Clean coal setback fuels industry attacks

 

The Energy Department’s decision this week to pull the plug on a major “clean coal” demonstration project stands as the latest setback for a technology that only recently held promise as a key piece of the United States’ fight against climate change.

Meanwhile, industry groups are seizing on the decision to scrap the years-old initiative as more evidence of the Obama administrations ”war on coal.”

FutureGen 2.0, a project with roots in the George W. Bush administration, had the lofty aim to be the first utility-scale coal-fired power plant to use carbon capture and sequestration (CCS).  The idea is simple enough: to pump carbon dioxide into the ground instead of putting it into the atmosphere.

Funding, however, was a different matter. President Obama’s 2009 economic stimulus law provided initial funding for the Illinois-based project, though it was to be financed via a public-private partnership and a September 2015 deadline to spend the federal portion was fast approaching.

The private sector, meanwhile, has shown little interest in expensive CCS technologies, making it a hard sell for government projects.

“The biggest problem CCS faces right now is that there are no markets for the projects,” said Howard Herzog, a research engineer at the Massachusetts Institute of Technology.

“These demonstrations are created by government incentives and government programs to get the first of the kind going.”

Herzog said there would be no market for coal plants with expensive carbon-capture systems until federal limits on power plants’ greenhouse gas emissions require them.

“Longer term, you need markets, and the markets are only created via climate policy,” he said. “And the climate policy is just too weak right now to create the markets.”

There’s no indication that the Energy Department had any fundamental problems with the carbon capture technology, Herzog said.

Nonetheless, the Energy Department says carbon capture is still important to the Obama administration. It’s providing funding to a variety of projects to develop different pieces of the CCS puzzle, like a power plant in Texas.

The administration also says that FutureGen was not a complete loss, and it had some important results.

“While this is an unfortunate outcome, the department acquired valuable information and tangible benefits from the work accomplished to date,” a department spokesman said.

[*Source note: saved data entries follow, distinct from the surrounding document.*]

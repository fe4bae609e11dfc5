-- ===== src/Proto.antt =====
-- `prot_com_in` of server/proto.c: how the server reads a packet of a client, up to the call that it
-- makes. A packet is its command byte and the `length` bytes behind the header; `length` is the
-- length of the list. A float stays the bit pattern that is on the wire. Logging is left out.
pub mod Calls
pub mod Packets
pub mod Many
pub mod Bands
pub mod Pictures
pub mod RoundTrip
mod Tests
use s3d.Base.{
  ℕ, ◌+◌, ◌-◌, ◌*◌, ◌/◌, ◌%◌, ◌^◌, ◌&&◌, Bool, List, [], ◌∷◌, ◌++◌, length, take, drop, get_or,
  if◌then◌else◌, ltb, leb, ◌==◌, min, replicate,
}
use s3d.Wire.{get16, get32, ntohlb, ntohsb}
use s3d.Object.Request.{Request}
use s3d.Object.Request

-- the calls that a packet leads to; those on the data of one object are a `Request`
pub data Command : Type 0 where
  init : List ℕ → Command
  quit new_obj : Command
  del_obj unlink focus : ℕ → Command
  clone link : ℕ → ℕ → Command
  push_vertex pep_vertex : ℕ → List ℕ → ℕ → Command
  push_tex : ℕ → List ℕ → ℕ → Command
  del_vertex : ℕ → ℕ → Command
  on_data : Request ℕ → Command
  translate rotate : ℕ → ℕ → ℕ → ℕ → Command
  scale : ℕ → ℕ → Command
  -- the packet is ignored
  nothing : Command

-- `oid`, `toid`, `x`, `y`, `w` and `h` at their places in the buffer
abbrev pub long_at : ℕ → List ℕ → ℕ
long_at k buf = get32 (drop k buf)

abbrev pub short_at : ℕ → List ℕ → ℕ
short_at k buf = get16 (drop k buf)

-- `if (length > 4)`: an id and as many groups of `k` numbers of four bytes as there are
unfoldable pub counted : ℕ → (ℕ → List ℕ → ℕ → Command) → List ℕ → Command
counted k call buf =
    let num = (length buf - 4) / (4 * k) in
    if ltb 4 (length buf) then call (long_at 0 buf) (ntohlb (drop 4 buf) (num * k)) num else nothing

-- `if (length > 8)`: an id, a position, and as many groups as there are
unfoldable pub positioned : ℕ → (ℕ → List ℕ → ℕ → ℕ → Command) → List ℕ → Command
positioned k call buf =
    let num = (length buf - 8) / (k * 4) in
    if ltb 8 (length buf)
    then call (long_at 0 buf) (ntohlb (drop 8 buf) (num * k)) (long_at 4 buf) num
    else nothing

-- `if (length == 8)`: an id and a number, which is kept in a `uint16_t`
unfoldable pub numbered : (ℕ → ℕ → Command) → List ℕ → Command
numbered call buf =
    if length buf == 8 then call (long_at 0 buf) (long_at 4 buf % 2 ^ 16) else nothing

-- `name`: at most 255 bytes up to the first zero byte. The array is zero behind them.
unfoldable pub c_string : ℕ → List ℕ → List ℕ
c_string n [] = []
c_string n (b ∷ bs) =
    let rest = c_string (n - 1) bs in if (b == 0) then [] else if n == 0 then [] else b ∷ rest

-- the commands about whole objects
unfoldable pub decode_object : ℕ → List ℕ → Command → Command
unfolding c_string
decode_object command buf other =
    if command == 1
    then init (c_string 255 (take 256 buf))
    else if command == 3
    then new_obj
    else if command == 4
    then if length buf == 4 then del_obj (long_at 0 buf) else nothing
    else if command == 5
    then if length buf == 8 then clone (long_at 0 buf) (long_at 4 buf) else nothing
    else if command == 6
    then if length buf == 4
      then unlink (long_at 0 buf)
      else if length buf == 8
      then link (long_at 0 buf) (long_at 4 buf)
      else nothing
    else if command == 2
    then quit
    else other

-- `case S3D_P_C_PUSH_TEX`
unfoldable pub textures : List ℕ → Command
textures buf =
    let num = (length buf - 4) / (2 * 2) in
    if ltb 4 (length buf)
    then push_tex (long_at 0 buf) (ntohsb (drop 4 buf) (num * 2)) num
    else nothing

-- the commands that append
unfoldable pub decode_push : ℕ → List ℕ → Command → Command
unfolding counted textures
decode_push command buf other =
    if command == 8
    then counted 3 push_vertex buf
    else if command == 9
    then counted 12 (λ oid x n. on_data (Request.push_mat oid x n)) buf
    else if command == 10
    then counted 4 (λ oid x n. on_data (Request.push_poly oid x n)) buf
    else if command == 7
    then counted 3 (λ oid x n. on_data (Request.push_line oid x n)) buf
    else if command == 11
    then textures buf
    else other

-- the commands that overwrite the last elements
unfoldable pub decode_pep : ℕ → List ℕ → Command → Command
unfolding counted
decode_pep command buf other =
    if command == 16
    then counted 9 (λ oid x n. on_data (Request.pep_poly_normal oid x n)) buf
    else if command == 23
    then counted 6 (λ oid x n. on_data (Request.pep_line_normal oid x n)) buf
    else if command == 17
    then counted 6 (λ oid x n. on_data (Request.pep_poly_texc oid x n)) buf
    else if command == 18
    then counted 12 (λ oid x n. on_data (Request.pep_mat oid x n)) buf
    else if command == 20
    then counted 3 pep_vertex buf
    else if command == 19
    then counted 1 (λ oid x n. on_data (Request.pep_mat_tex oid x n)) buf
    else if command == 21
    then counted 3 (λ oid x n. on_data (Request.pep_line oid x n)) buf
    else other

-- `case S3D_P_C_LOAD_TEX`. The product of width and height is an `int`: the test for the size is one
-- of numbers modulo 2 ^ 32.
unfoldable pub pixels : List ℕ → Command
pixels buf =
    let w = short_at 12 buf in
    let h = short_at 14 buf in
    if ltb 16 (length buf) && ((w * h * 4) % 2 ^ 32 == length buf - 16)
    then on_data (
        Request.load_tex (long_at 0 buf) (long_at 4 buf) (short_at 8 buf) (short_at 10 buf) w h
          (drop 16 buf))
    else nothing

-- the commands that overwrite elements at a position, and those for the pixels of a texture
unfoldable pub decode_load : ℕ → List ℕ → Command → Command
unfolding positioned pixels
decode_load command buf other =
    if command == 30
    then positioned 6 (λ oid x start n. on_data (Request.load_line_normal oid x start n)) buf
    else if command == 24
    then positioned 9 (λ oid x start n. on_data (Request.load_poly_normal oid x start n)) buf
    else if command == 25
    then positioned 6 (λ oid x start n. on_data (Request.load_poly_texc oid x start n)) buf
    else if command == 26
    then positioned 12 (λ oid x start n. on_data (Request.load_mat oid x start n)) buf
    else if command == 28
    then pixels buf
    else if command == 29
    then if length buf == 16
      then on_data (Request.update_tex (long_at 0 buf) (long_at 4 buf))
      else nothing
    else other

-- the commands that delete the last elements
unfoldable pub decode_del : ℕ → List ℕ → Command → Command
unfolding numbered
decode_del command buf other =
    if command == 12
    then numbered del_vertex buf
    else if command == 13
    then numbered (λ oid n. on_data (Request.del_poly oid n)) buf
    else if command == 22
    then numbered (λ oid n. on_data (Request.del_line oid n)) buf
    else if command == 14
    then numbered (λ oid n. on_data (Request.del_mat oid n)) buf
    else if command == 15
    then numbered (λ oid n. on_data (Request.del_tex oid n)) buf
    else other

-- the flags, the place of an object, and the focus, which only the mcp (pid 0) may set
unfoldable pub decode_place : Bool → ℕ → List ℕ → Command
decode_place from_mcp command buf =
    if command == 32
    then if length buf == 9
      then on_data (Request.toggle_flags (long_at 0 buf) (get_or buf 4 0) (long_at 5 buf))
      else nothing
    else if command == 33
    then if leb 16 (length buf)
      then translate (long_at 0 buf) (long_at 4 buf) (long_at 8 buf) (long_at 12 buf)
      else nothing
    else if command == 34
    then if leb 16 (length buf)
      then rotate (long_at 0 buf) (long_at 4 buf) (long_at 8 buf) (long_at 12 buf)
      else nothing
    else if command == 35
    then if leb 8 (length buf) then scale (long_at 0 buf) (long_at 4 buf) else nothing
    else if command == 66
    then if from_mcp && (length buf == 4) then focus (long_at 0 buf) else nothing
    else nothing

-- the `switch` of `prot_com_in`
unfoldable pub decode : Bool → ℕ → List ℕ → Command
unfolding decode_object decode_push decode_pep decode_load decode_del decode_place
decode from_mcp command buf = decode_object command buf (
    decode_push command buf (
      decode_pep command buf
        (decode_load command buf (decode_del command buf (decode_place from_mcp command buf)))))
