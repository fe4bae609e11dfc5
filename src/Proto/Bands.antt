-- ===== src/Proto/Bands.antt =====
-- The arithmetic of the bands of `s3d_load_texture` of libs3d/proto_out.c, and how `prot_com_in` of
-- server/proto.c reads one.
use native.Mathlib.Nat.{mul_comm, le-div_iff_mul-le, div-mul-le_self}
use s3d.Base.{
  ◌⊎◌, ℕ, zero, suc, ◌+◌, ◌-◌, ◌*◌, ◌^◌, ◌≤◌, ◌<◌, ◌≡◌, refl, ap, arith, Bool-cases, inl, inr, List,
  [], ◌++◌, length, ltb,
}
use s3d.Wire.{put16, put32}
use s3d.Wire.Words.{get32-put32, get16-put16}
use s3d.Client.Picture.{linestep, lines_at}
use s3d.Object.Request.{Request}
use s3d.Proto.{Command, pixels}

-- A packet whose pixels fill its width and its height is read as it was written.
pub pixels-read :
    (object tex x y w h : ℕ) (pixbuf : List ℕ)
    → object < 2 ^ 32
    → tex < 2 ^ 32
    → x < 2 ^ 16
    → y < 2 ^ 16
    → w < 2 ^ 16
    → h < 2 ^ 16
    → 0 < length pixbuf
    → length pixbuf ≤ 65514
    → w * h * 4 ≡ length pixbuf
    → pixels
        (put32 object ++ (put32 tex ++ (put16 x ++ (put16 y ++ (put16 w ++ (put16 h ++ pixbuf))))))
      ≡ Command.on_data (Request.load_tex object tex x y w h pixbuf)
unfolding pixels
pixels-read object tex x y w h pixbuf ho ht hx hy hw hh h0 h1 e =
    rw
      (
        get32-put32 object [] ho,
        get32-put32 tex [] ht,
        get16-put16 x [] hx,
        get16-put16 y [] hy,
        get16-put16 w [] hw,
        get16-put16 h [] hh,
      )
      (rw e (ground arith))

pub dist : (a b w : ℕ) → (a + b) * w * 4 ≡ a * w * 4 + b * w * 4
dist a b w = grind arith

pub step_fits : (w : ℕ) → linestep w * w * 4 ≤ 65514
step_fits w = grind (arith, div-mul-le_self 65514 (w * 4))

pub linestep_pos : (w : ℕ) → 0 < w → w ≤ 16378 → 0 < linestep w
linestep_pos w a b = (le-div_iff_mul-le (omega arith)).1 (omega arith)

pub area : (l w : ℕ) → w * l * 4 ≡ l * w * 4
area l w = ap (λ k. k * 4) (mul_comm w l)

pub area_pos : (a b : ℕ) → 0 < a → 0 < b → 0 < a * b * 4
area_pos zero b h k = absurd (omega arith)
area_pos (suc a) zero h k = absurd (omega arith)
area_pos (suc a) (suc b) h k = grind arith

pub lines_at-cases :
    (step h i : ℕ)
    → i < h
    → ((lines_at step h i ≡ step) × (i + step ≤ h)) ⊎ ((lines_at step h i ≡ h - i) × (h ≤ i + step))
unfolding lines_at
lines_at-cases step h i a = elim (Bool-cases (ltb step (h - i))) [
  | inl e ↦ inl (rw e (refl, ground arith))
  | inr e ↦ inr (rw e (refl, ground arith))
]
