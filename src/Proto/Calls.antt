-- ===== src/Proto/Calls.antt =====
-- The calls of libs3d that send a packet about one element or one object that is there, the packets
-- that they send, and what they mean to the server. (s3d_new_object and s3d_clone make an object.)
use s3d.Base.{ℕ, ◌%◌, ◌^◌, List, [], ◌∷◌}
use s3d.Client
use s3d.Client.{Packet, one_f}
use s3d.Object.Request
use s3d.Proto.{Command}

-- the calls of libs3d that send a packet about one element or one object that is there
pub data Call : Type 0 where
  clone_target link : ℕ → ℕ → Call
  del_object unlink mcp_focus : ℕ → Call
  push_vertex pep_vertex translate rotate : ℕ → ℕ → ℕ → ℕ → Call
  push_material_a pep_material_a : ℕ → ℕ → ℕ → ℕ → ℕ → ℕ → ℕ → ℕ → ℕ → ℕ → ℕ → ℕ → ℕ → Call
  push_material pep_material : ℕ → ℕ → ℕ → ℕ → ℕ → ℕ → ℕ → ℕ → ℕ → ℕ → Call
  push_texture : ℕ → ℕ → ℕ → Call
  push_polygon : ℕ → ℕ → ℕ → ℕ → ℕ → Call
  push_line pep_line : ℕ → ℕ → ℕ → ℕ → Call
  pop_vertex pop_material pop_polygon pop_line pop_texture : ℕ → ℕ → Call
  pep_polygon_tex_coord : ℕ → ℕ → ℕ → ℕ → ℕ → ℕ → ℕ → Call
  pep_material_texture flags_on flags_off scale : ℕ → ℕ → Call

-- the packet that libs3d sends
unfoldable pub send : Call → Packet
send (clone_target a b) = Client.s3d_clone_target a b
send (link a b) = Client.s3d_link a b
send (del_object a) = Client.s3d_del_object a
send (unlink a) = Client.s3d_unlink a
send (mcp_focus a) = Client.s3d_mcp_focus a
send (push_vertex a x y z) = Client.s3d_push_vertex a x y z
send (pep_vertex a x y z) = Client.s3d_pep_vertex a x y z
send (translate a x y z) = Client.s3d_translate a x y z
send (rotate a x y z) = Client.s3d_rotate a x y z
send (push_material_a o a b c d e f g h i j k l) =
    Client.s3d_push_material_a o a b c d e f g h i j k l
send (pep_material_a o a b c d e f g h i j k l) =
    Client.s3d_pep_material_a o a b c d e f g h i j k l
send (push_polygon o a b c m) = Client.s3d_push_polygon o a b c m
send (push_line o a b m) = Client.s3d_push_line o a b m
send (pep_line o a b m) = Client.s3d_pep_line o a b m
send (pop_vertex o n) = Client.s3d_pop_vertex o n
send (pop_material o n) = Client.s3d_pop_material o n
send (pop_polygon o n) = Client.s3d_pop_polygon o n
send (pop_line o n) = Client.s3d_pop_line o n
send (pop_texture o n) = Client.s3d_pop_texture o n
send (pep_polygon_tex_coord o a b c d e f) = Client.s3d_pep_polygon_tex_coord o a b c d e f
send (pep_material_texture o t) = Client.s3d_pep_material_texture o t
send (flags_on o f) = Client.s3d_flags_on o f
send (flags_off o f) = Client.s3d_flags_off o f
send (scale o x) = Client.s3d_scale o x
send (push_material o a b c d e f g h i) = Client.s3d_push_material o a b c d e f g h i
send (pep_material o a b c d e f g h i) = Client.s3d_pep_material o a b c d e f g h i
send (push_texture o w h) = Client.s3d_push_texture o w h

-- the numbers of a call
unfoldable pub numbers : Call → List ℕ
numbers (clone_target a b) = a ∷ b ∷ []
numbers (link a b) = a ∷ b ∷ []
numbers (del_object a) = a ∷ []
numbers (unlink a) = a ∷ []
numbers (mcp_focus a) = a ∷ []
numbers (push_vertex a x y z) = a ∷ x ∷ y ∷ z ∷ []
numbers (pep_vertex a x y z) = a ∷ x ∷ y ∷ z ∷ []
numbers (translate a x y z) = a ∷ x ∷ y ∷ z ∷ []
numbers (rotate a x y z) = a ∷ x ∷ y ∷ z ∷ []
numbers (push_material_a o a b c d e f g h i j k l) =
    o ∷ a ∷ b ∷ c ∷ d ∷ e ∷ f ∷ g ∷ h ∷ i ∷ j ∷ k ∷ l ∷ []
numbers (pep_material_a o a b c d e f g h i j k l) =
    o ∷ a ∷ b ∷ c ∷ d ∷ e ∷ f ∷ g ∷ h ∷ i ∷ j ∷ k ∷ l ∷ []
numbers (push_polygon o a b c m) = o ∷ a ∷ b ∷ c ∷ m ∷ []
numbers (push_line o a b m) = o ∷ a ∷ b ∷ m ∷ []
numbers (pep_line o a b m) = o ∷ a ∷ b ∷ m ∷ []
numbers (pop_vertex o n) = o ∷ n ∷ []
numbers (pop_material o n) = o ∷ n ∷ []
numbers (pop_polygon o n) = o ∷ n ∷ []
numbers (pop_line o n) = o ∷ n ∷ []
numbers (pop_texture o n) = o ∷ n ∷ []
numbers (pep_polygon_tex_coord o a b c d e f) = o ∷ a ∷ b ∷ c ∷ d ∷ e ∷ f ∷ []
numbers (pep_material_texture o t) = o ∷ t ∷ []
numbers (flags_on o f) = o ∷ f ∷ []
numbers (flags_off o f) = o ∷ f ∷ []
numbers (scale o x) = o ∷ x ∷ []
numbers (push_material o a b c d e f g h i) = o ∷ a ∷ b ∷ c ∷ d ∷ e ∷ f ∷ g ∷ h ∷ i ∷ []
numbers (pep_material o a b c d e f g h i) = o ∷ a ∷ b ∷ c ∷ d ∷ e ∷ f ∷ g ∷ h ∷ i ∷ []
numbers (push_texture o w h) = o ∷ w ∷ h ∷ []

-- What the server is to do. A number of elements to delete, and the width and the height of a
-- texture, are cut to 16 bits. A material without alpha is opaque.
unfoldable pub meaning : Call → Command
meaning (clone_target a b) = Command.clone a b
meaning (link a b) = Command.link a b
meaning (del_object a) = Command.del_obj a
meaning (unlink a) = Command.unlink a
meaning (mcp_focus a) = Command.focus a
meaning (push_vertex a x y z) = Command.push_vertex a (x ∷ y ∷ z ∷ []) 1
meaning (pep_vertex a x y z) = Command.pep_vertex a (x ∷ y ∷ z ∷ []) 1
meaning (translate a x y z) = Command.translate a x y z
meaning (rotate a x y z) = Command.rotate a x y z
meaning (push_material_a o a b c d e f g h i j k l) =
    Command.on_data (Request.push_mat o (a ∷ b ∷ c ∷ d ∷ e ∷ f ∷ g ∷ h ∷ i ∷ j ∷ k ∷ l ∷ []) 1)
meaning (pep_material_a o a b c d e f g h i j k l) =
    Command.on_data (Request.pep_mat o (a ∷ b ∷ c ∷ d ∷ e ∷ f ∷ g ∷ h ∷ i ∷ j ∷ k ∷ l ∷ []) 1)
meaning (push_polygon o a b c m) = Command.on_data (Request.push_poly o (a ∷ b ∷ c ∷ m ∷ []) 1)
meaning (push_line o a b m) = Command.on_data (Request.push_line o (a ∷ b ∷ m ∷ []) 1)
meaning (pep_line o a b m) = Command.on_data (Request.pep_line o (a ∷ b ∷ m ∷ []) 1)
meaning (pop_vertex o n) = Command.del_vertex o (n % 2 ^ 16)
meaning (pop_material o n) = Command.on_data (Request.del_mat o (n % 2 ^ 16))
meaning (pop_polygon o n) = Command.on_data (Request.del_poly o (n % 2 ^ 16))
meaning (pop_line o n) = Command.on_data (Request.del_line o (n % 2 ^ 16))
meaning (pop_texture o n) = Command.on_data (Request.del_tex o (n % 2 ^ 16))
meaning (pep_polygon_tex_coord o a b c d e f) =
    Command.on_data (Request.pep_poly_texc o (a ∷ b ∷ c ∷ d ∷ e ∷ f ∷ []) 1)
meaning (pep_material_texture o t) = Command.on_data (Request.pep_mat_tex o (t ∷ []) 1)
meaning (flags_on o f) = Command.on_data (Request.toggle_flags o 1 f)
meaning (flags_off o f) = Command.on_data (Request.toggle_flags o 2 f)
meaning (scale o x) = Command.scale o x
meaning (push_material o a b c d e f g h i) =
    Command.on_data
      (Request.push_mat o (a ∷ b ∷ c ∷ one_f ∷ d ∷ e ∷ f ∷ one_f ∷ g ∷ h ∷ i ∷ one_f ∷ []) 1)
meaning (pep_material o a b c d e f g h i) =
    Command.on_data
      (Request.pep_mat o (a ∷ b ∷ c ∷ one_f ∷ d ∷ e ∷ f ∷ one_f ∷ g ∷ h ∷ i ∷ one_f ∷ []) 1)
meaning (push_texture o w h) = Command.push_tex o (w % 2 ^ 16 ∷ h % 2 ^ 16 ∷ []) 1
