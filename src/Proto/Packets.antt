-- ===== src/Proto/Packets.antt =====
-- How `prot_com_in` of server/proto.c reads a packet of an id and whole elements.
use s3d.Base.{
  ℕ, zero, suc, ◌-◌, ◌*◌, ◌/◌, ◌^◌, ◌≤◌, ◌<◌, ◌≡◌, sym, ap, ◌∙◌, arith, true, List, [], ◌∷◌, ◌++◌,
  length, ltb, take, drop, append-nil,
}
use s3d.Wire.{put32, htonlb, ntohlb}
use s3d.Wire.Words.{AllBelow, get32-put32, length-htonlb, ntohlb-htonlb}
use s3d.Proto.{Command, counted}

pub AllBelow-take : (b n : ℕ) (xs : List ℕ) → AllBelow b xs → AllBelow b (take n xs)
AllBelow-take b zero xs h = tt
AllBelow-take b (suc n) [] h = tt
AllBelow-take b (suc n) (x ∷ xs) h = (h.0, AllBelow-take b n xs h.1)

pub AllBelow-drop : (b n : ℕ) (xs : List ℕ) → AllBelow b xs → AllBelow b (drop n xs)
AllBelow-drop b zero xs h = h
AllBelow-drop b (suc n) [] h = tt
AllBelow-drop b (suc n) (x ∷ xs) h = AllBelow-drop b n xs h.1

-- A packet with an id and whole elements is read as it was written.
pub counted-whole :
    (k : ℕ) (call : ℕ → List ℕ → ℕ → Command) (object : ℕ) (xs : List ℕ)
    → object < 2 ^ 32
    → AllBelow (2 ^ 32) xs
    → 1 ≤ length xs
    → 4 * length xs / (4 * k) * k ≡ length xs
    → counted k call (put32 object ++ htonlb xs) ≡ call object xs (4 * length xs / (4 * k))
unfolding counted
counted-whole k call object xs ho hx h1 hk =
    let e : (length (put32 object ++ htonlb xs) - 4) / (4 * k) ≡ 4 * length xs / (4 * k) =
      ap (λ m. m / (4 * k)) (omega (arith, length-htonlb xs)) in
    let t : ltb 4 (length (put32 object ++ htonlb xs)) ≡ true = ground (arith, length-htonlb xs) in
    rw (t, e, get32-put32 object (htonlb xs) ho)
      (ap (λ v. call object v (4 * length xs / (4 * k)))
        (ap (λ l. ntohlb l (4 * length xs / (4 * k) * k)) (sym (append-nil (htonlb xs)))
          ∙ ntohlb-htonlb xs (4 * length xs / (4 * k) * k) [] hx hk))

“That progress will continue to benefit our broad clean coal portfolio, helping to further the deployment of carbon capture and storage projects and the development of next-generation technologies.”

Although the private sector is not ready to adopt carbon capture, coal interests were quick to suggest that losing FutureGen meant that Obama is turning his back on an opportunity to make coal cleaner and more viable in the future.

Hal Quinn, president of the National Mining Association, said in a statement that ending FutureGen “calls into question the commitment of the administration to the development of clean coal technologies.”

Laura Sheehan, spokeswoman for the American Coalition for Clean Coal Electricity, said the decision shows that “President Obama and his federal agencies are clearly opposed to advancing carbon capture and storage technology, despite repeated assurances.”

The industry said that the end of FutureGen also makes it hard for the Environmental Protection Agency (EPA) to regulate carbon from power plants.

A January 2013 proposal from the EPA would limit new coal-fired power plants to 1,000 pounds of carbon dioxide emissions per megawatt-hour produced, a level based on what can be achieved with carbon capture.

Without FutureGen, the industry has a stronger argument that the proposed limit is unreasonable, the industry argues.

“This decision cannot be reconciled with the administration’s proposal to require CCS as the only acceptable technology for any new coal-fueled power plant in the U.S.,” Quinn said in the statement.

More than anything else, the decision could be a reflection of the reduced urgency of deploying carbon capture, said Stephen Ansolabehere, a professor of government at Harvard University.

“One of the things that’s changed in a big way since the middle of the previous decade is the rise in horizontal drilling and fracking and that effect that has had on the cost of natural gas,” he said. “That took a lot of the pressure off of finding a clean coal alternative.”

Gas drilling advances have also made it a much cheaper fuel than the government had anticipated, making it a much more accessible low-carbon option than a coal plant with carbon capture.

“The market context in which policy decisions and recommendations were being made back then was extremely different,” he said.

But in the long term, it’s still important to study and develop carbon capture, Ansolabehere said.

“Compared to the rest of the world, we’re rich in supplies of energy, and coal is one of the central fuels,” he said. “And how we use that in an environmentally friendly way is a very important question.”